- Data provided:
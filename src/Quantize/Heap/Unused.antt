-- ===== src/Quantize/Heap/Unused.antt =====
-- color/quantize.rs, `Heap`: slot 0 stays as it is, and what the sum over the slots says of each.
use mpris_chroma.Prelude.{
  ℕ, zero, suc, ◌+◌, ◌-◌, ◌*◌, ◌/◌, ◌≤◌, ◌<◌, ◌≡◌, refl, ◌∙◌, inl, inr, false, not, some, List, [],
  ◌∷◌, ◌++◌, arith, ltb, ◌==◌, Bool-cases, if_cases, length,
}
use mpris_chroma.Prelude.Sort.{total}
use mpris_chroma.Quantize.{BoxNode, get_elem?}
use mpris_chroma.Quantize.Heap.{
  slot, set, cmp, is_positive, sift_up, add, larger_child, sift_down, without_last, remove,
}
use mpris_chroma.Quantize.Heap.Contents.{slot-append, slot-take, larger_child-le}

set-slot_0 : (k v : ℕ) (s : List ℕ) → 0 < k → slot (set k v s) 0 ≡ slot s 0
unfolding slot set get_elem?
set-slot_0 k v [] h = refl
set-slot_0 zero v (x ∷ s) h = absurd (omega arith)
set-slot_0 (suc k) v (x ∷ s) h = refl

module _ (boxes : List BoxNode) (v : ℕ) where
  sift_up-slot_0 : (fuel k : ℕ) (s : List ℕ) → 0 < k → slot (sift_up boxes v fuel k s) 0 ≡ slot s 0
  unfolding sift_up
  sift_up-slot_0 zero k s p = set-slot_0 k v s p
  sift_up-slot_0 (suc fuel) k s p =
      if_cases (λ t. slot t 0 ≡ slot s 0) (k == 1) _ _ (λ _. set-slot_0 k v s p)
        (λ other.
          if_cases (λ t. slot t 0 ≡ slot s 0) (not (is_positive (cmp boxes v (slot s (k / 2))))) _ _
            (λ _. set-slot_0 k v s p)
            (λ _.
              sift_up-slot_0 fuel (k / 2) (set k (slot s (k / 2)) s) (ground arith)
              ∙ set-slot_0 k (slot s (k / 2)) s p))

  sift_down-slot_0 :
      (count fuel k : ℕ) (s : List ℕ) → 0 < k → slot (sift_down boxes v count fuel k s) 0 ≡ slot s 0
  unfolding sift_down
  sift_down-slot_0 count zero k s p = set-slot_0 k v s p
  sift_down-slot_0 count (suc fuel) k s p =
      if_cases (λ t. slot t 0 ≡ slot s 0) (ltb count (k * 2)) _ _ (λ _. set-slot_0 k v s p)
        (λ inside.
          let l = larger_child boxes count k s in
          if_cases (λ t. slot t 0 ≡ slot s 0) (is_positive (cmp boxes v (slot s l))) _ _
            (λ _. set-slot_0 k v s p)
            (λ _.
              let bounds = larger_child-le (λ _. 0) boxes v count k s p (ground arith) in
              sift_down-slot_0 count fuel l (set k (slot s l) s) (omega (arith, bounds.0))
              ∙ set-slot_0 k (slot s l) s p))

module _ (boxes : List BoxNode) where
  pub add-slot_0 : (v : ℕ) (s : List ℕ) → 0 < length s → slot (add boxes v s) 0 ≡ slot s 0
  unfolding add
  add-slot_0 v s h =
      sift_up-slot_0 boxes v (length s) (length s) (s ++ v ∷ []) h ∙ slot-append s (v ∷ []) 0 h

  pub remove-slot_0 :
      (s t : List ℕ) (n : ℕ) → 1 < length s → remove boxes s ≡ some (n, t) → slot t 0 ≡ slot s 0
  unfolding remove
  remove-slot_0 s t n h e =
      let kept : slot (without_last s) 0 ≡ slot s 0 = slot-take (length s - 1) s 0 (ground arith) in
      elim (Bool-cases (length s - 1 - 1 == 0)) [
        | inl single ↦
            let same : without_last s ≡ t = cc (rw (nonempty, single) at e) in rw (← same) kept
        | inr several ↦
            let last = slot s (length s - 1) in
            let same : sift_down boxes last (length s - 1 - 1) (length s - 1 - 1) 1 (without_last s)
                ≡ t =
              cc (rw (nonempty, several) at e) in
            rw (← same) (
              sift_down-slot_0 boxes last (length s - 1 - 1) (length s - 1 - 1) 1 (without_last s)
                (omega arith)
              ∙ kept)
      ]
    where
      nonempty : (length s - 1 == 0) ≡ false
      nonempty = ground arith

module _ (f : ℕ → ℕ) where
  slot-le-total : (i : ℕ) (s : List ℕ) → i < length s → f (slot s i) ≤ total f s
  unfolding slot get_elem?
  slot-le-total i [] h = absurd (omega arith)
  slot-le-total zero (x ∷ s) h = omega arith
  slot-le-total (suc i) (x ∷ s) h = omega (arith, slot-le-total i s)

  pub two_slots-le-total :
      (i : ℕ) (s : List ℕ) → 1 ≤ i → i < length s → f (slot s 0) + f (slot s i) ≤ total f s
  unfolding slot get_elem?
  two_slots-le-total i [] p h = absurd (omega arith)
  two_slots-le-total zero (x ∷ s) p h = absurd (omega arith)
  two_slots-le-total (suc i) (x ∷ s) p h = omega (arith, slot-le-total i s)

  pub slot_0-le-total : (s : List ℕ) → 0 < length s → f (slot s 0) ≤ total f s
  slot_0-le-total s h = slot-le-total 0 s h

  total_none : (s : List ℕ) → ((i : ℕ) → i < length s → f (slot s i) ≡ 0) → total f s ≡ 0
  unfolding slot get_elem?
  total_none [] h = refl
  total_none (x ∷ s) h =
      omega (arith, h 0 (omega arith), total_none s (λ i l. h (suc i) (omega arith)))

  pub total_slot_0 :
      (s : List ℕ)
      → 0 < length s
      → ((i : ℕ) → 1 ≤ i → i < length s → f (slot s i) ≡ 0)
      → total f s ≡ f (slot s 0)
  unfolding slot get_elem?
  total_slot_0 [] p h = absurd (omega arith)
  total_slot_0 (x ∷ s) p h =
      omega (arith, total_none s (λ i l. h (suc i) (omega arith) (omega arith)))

- Work instruction: The complete set of entries is to be restated word for word.

- Task result:
filename src/Quantize/Heap/Unused.antt
-- ===== src/Quantize/Heap/Unused.antt =====
-- color/quantize.rs, `Heap`: slot 0 stays as it is, and what the sum over the slots says of each.
use mpris_chroma.Prelude.{
  ℕ, zero, suc, ◌+◌, ◌-◌, ◌*◌, ◌/◌, ◌≤◌, ◌<◌, ◌≡◌, refl, ◌∙◌, inl, inr, false, not, some, List, [],
  ◌∷◌, ◌++◌, arith, ltb, ◌==◌, Bool-cases, if_cases, length,
}
use mpris_chroma.Prelude.Sort.{total}
use mpris_chroma.Quantize.{BoxNode, get_elem?}
use mpris_chroma.Quantize.Heap.{
  slot, set, cmp, is_positive, sift_up, add, larger_child, sift_down, without_last, remove,
}
use mpris_chroma.Quantize.Heap.Contents.{slot-append, slot-take, larger_child-le}

set-slot_0 : (k v : ℕ) (s : List ℕ) → 0 < k → slot (set k v s) 0 ≡ slot s 0
unfolding slot set get_elem?
set-slot_0 k v [] h = refl
set-slot_0 zero v (x ∷ s) h = absurd (omega arith)
set-slot_0 (suc k) v (x ∷ s) h = refl

module _ (boxes : List BoxNode) (v : ℕ) where
  sift_up-slot_0 : (fuel k : ℕ) (s : List ℕ) → 0 < k → slot (sift_up boxes v fuel k s) 0 ≡ slot s 0
  unfolding sift_up
  sift_up-slot_0 zero k s p = set-slot_0 k v s p
  sift_up-slot_0 (suc fuel) k s p =
      if_cases (λ t. slot t 0 ≡ slot s 0) (k == 1) _ _ (λ _. set-slot_0 k v s p)
        (λ other.
          if_cases (λ t. slot t 0 ≡ slot s 0) (not (is_positive (cmp boxes v (slot s (k / 2))))) _ _
            (λ _. set-slot_0 k v s p)
            (λ _.
              sift_up-slot_0 fuel (k / 2) (set k (slot s (k / 2)) s) (ground arith)
              ∙ set-slot_0 k (slot s (k / 2)) s p))

  sift_down-slot_0 :
      (count fuel k : ℕ) (s : List ℕ) → 0 < k → slot (sift_down boxes v count fuel k s) 0 ≡ slot s 0
  unfolding sift_down
  sift_down-slot_0 count zero k s p = set-slot_0 k v s p
  sift_down-slot_0 count (suc fuel) k s p =
      if_cases (λ t. slot t 0 ≡ slot s 0) (ltb count (k * 2)) _ _ (λ _. set-slot_0 k v s p)
        (λ inside.
          let l = larger_child boxes count k s in
          if_cases (λ t. slot t 0 ≡ slot s 0) (is_positive (cmp boxes v (slot s l))) _ _
            (λ _. set-slot_0 k v s p)
            (λ _.
              let bounds = larger_child-le (λ _. 0) boxes v count k s p (ground arith) in
              sift_down-slot_0 count fuel l (set k (slot s l) s) (omega (arith, bounds.0))
              ∙ set-slot_0 k (slot s l) s p))

module _ (boxes : List BoxNode) where
  pub add-slot_0 : (v : ℕ) (s : List ℕ) → 0 < length s → slot (add boxes v s) 0 ≡ slot s 0
  unfolding add
  add-slot_0 v s h =
      sift_up-slot_0 boxes v (length s) (length s) (s ++ v ∷ []) h ∙ slot-append s (v ∷ []) 0 h

  pub remove-slot_0 :
      (s t : List ℕ) (n : ℕ) → 1 < length s → remove boxes s ≡ some (n, t) → slot t 0 ≡ slot s 0
  unfolding remove
  remove-slot_0 s t n h e =
      let kept : slot (without_last s) 0 ≡ slot s 0 = slot-take (length s - 1) s 0 (ground arith) in
      elim (Bool-cases (length s - 1 - 1 == 0)) [
        | inl single ↦
            let same : without_last s ≡ t = cc (rw (nonempty, single) at e) in rw (← same) kept
        | inr several ↦
            let last = slot s (length s - 1) in
            let same : sift_down boxes last (length s - 1 - 1) (length s - 1 - 1) 1 (without_last s)
                ≡ t =
              cc (rw (nonempty, several) at e) in
            rw (← same) (
              sift_down-slot_0 boxes last (length s - 1 - 1) (length s - 1 - 1) 1 (without_last s)
                (omega arith)
              ∙ kept)
      ]
    where
      nonempty : (length s - 1 == 0) ≡ false
      nonempty = ground arith

module _ (f : ℕ → ℕ) where
  slot-le-total : (i : ℕ) (s : List ℕ) → i < length s → f (slot s i) ≤ total f s
  unfolding slot get_elem?
  slot-le-total i [] h = absurd (omega arith)
  slot-le-total zero (x ∷ s) h = omega arith
  slot-le-total (suc i) (x ∷ s) h = omega (arith, slot-le-total i s)

  pub two_slots-le-total :
      (i : ℕ) (s : List ℕ) → 1 ≤ i → i < length s → f (slot s 0) + f (slot s i) ≤ total f s
  unfolding slot get_elem?
  two_slots-le-total i [] p h = absurd (omega arith)
  two_slots-le-total zero (x ∷ s) p h = absurd (omega arith)
  two_slots-le-total (suc i) (x ∷ s) p h = omega (arith, slot-le-total i s)

  pub slot_0-le-total : (s : List ℕ) → 0 < length s → f (slot s 0) ≤ total f s
  slot_0-le-total s h = slot-le-total 0 s h

  total_none : (s : List ℕ) → ((i : ℕ) → i < length s → f (slot s i) ≡ 0) → total f s ≡ 0
  unfolding slot get_elem?
  total_none [] h = refl
  total_none (x ∷ s) h =
      omega (arith, h 0 (omega arith), total_none s (λ i l. h (suc i) (omega arith)))

  pub total_slot_0 :
      (s : List ℕ)
      → 0 < length s
      → ((i : ℕ) → 1 ≤ i → i < length s → f (slot s i) ≡ 0)
      → total f s ≡ f (slot s 0)
  unfolding slot get_elem?
  total_slot_0 [] p h = absurd (omega arith)
  total_slot_0 (x ∷ s) p h =
      omega (arith, total_none s (λ i l. h (suc i) (omega arith) (omega arith)))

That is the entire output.